→ Data section
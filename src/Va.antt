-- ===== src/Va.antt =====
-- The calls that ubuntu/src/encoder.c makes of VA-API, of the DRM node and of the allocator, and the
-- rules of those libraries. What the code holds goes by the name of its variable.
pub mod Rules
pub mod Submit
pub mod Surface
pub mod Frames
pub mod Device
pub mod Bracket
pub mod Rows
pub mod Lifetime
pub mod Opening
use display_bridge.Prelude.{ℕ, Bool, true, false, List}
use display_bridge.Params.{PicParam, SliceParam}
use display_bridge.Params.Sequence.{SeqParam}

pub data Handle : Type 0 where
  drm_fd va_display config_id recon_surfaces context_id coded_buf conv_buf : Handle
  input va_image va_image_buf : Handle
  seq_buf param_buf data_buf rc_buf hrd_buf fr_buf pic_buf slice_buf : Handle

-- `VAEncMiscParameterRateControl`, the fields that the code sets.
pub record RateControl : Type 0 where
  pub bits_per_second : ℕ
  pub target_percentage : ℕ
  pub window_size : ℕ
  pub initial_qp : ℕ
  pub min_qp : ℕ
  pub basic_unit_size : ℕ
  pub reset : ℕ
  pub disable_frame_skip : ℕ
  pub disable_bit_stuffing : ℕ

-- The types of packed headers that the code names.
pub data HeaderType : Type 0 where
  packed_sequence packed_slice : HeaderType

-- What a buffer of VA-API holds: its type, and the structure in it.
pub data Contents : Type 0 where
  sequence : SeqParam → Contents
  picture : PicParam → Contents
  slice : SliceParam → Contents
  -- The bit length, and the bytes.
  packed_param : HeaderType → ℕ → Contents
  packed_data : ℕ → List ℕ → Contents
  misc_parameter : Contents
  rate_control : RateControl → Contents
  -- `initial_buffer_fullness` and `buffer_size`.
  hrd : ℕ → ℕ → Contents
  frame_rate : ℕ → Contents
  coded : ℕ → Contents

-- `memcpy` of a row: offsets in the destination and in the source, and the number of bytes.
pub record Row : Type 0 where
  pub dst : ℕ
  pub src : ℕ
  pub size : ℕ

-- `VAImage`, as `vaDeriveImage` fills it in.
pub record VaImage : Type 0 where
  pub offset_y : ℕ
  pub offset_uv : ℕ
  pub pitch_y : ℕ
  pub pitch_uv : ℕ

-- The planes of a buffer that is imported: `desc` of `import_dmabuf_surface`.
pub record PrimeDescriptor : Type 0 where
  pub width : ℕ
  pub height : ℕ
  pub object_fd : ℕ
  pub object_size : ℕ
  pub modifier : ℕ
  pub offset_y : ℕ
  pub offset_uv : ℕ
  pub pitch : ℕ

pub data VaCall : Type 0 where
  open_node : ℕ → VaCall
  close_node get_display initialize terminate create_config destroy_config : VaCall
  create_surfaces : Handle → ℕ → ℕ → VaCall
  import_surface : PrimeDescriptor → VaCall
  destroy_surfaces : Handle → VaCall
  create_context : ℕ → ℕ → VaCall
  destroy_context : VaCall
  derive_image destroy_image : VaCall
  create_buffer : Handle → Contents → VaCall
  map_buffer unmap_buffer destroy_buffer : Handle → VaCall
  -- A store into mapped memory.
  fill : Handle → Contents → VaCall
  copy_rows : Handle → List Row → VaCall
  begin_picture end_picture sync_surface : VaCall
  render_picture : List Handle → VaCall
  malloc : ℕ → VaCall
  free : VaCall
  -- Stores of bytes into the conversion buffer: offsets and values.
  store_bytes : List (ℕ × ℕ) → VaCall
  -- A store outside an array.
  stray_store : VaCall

→ Try it
From the records above, reproduce exactly the lines from the one with "pub object_size : ℕ" to the one with "destroy_surfaces : Handle → VaCall", both included, and no others.

→ Completed task
  pub object_size : ℕ
  pub modifier : ℕ
  pub offset_y : ℕ
  pub offset_uv : ℕ
  pub pitch : ℕ

pub data VaCall : Type 0 where
  open_node : ℕ → VaCall
  close_node get_display initialize terminate create_config destroy_config : VaCall
  create_surfaces : Handle → ℕ → ℕ → VaCall
  import_surface : PrimeDescriptor → VaCall
  destroy_surfaces : Handle → VaCall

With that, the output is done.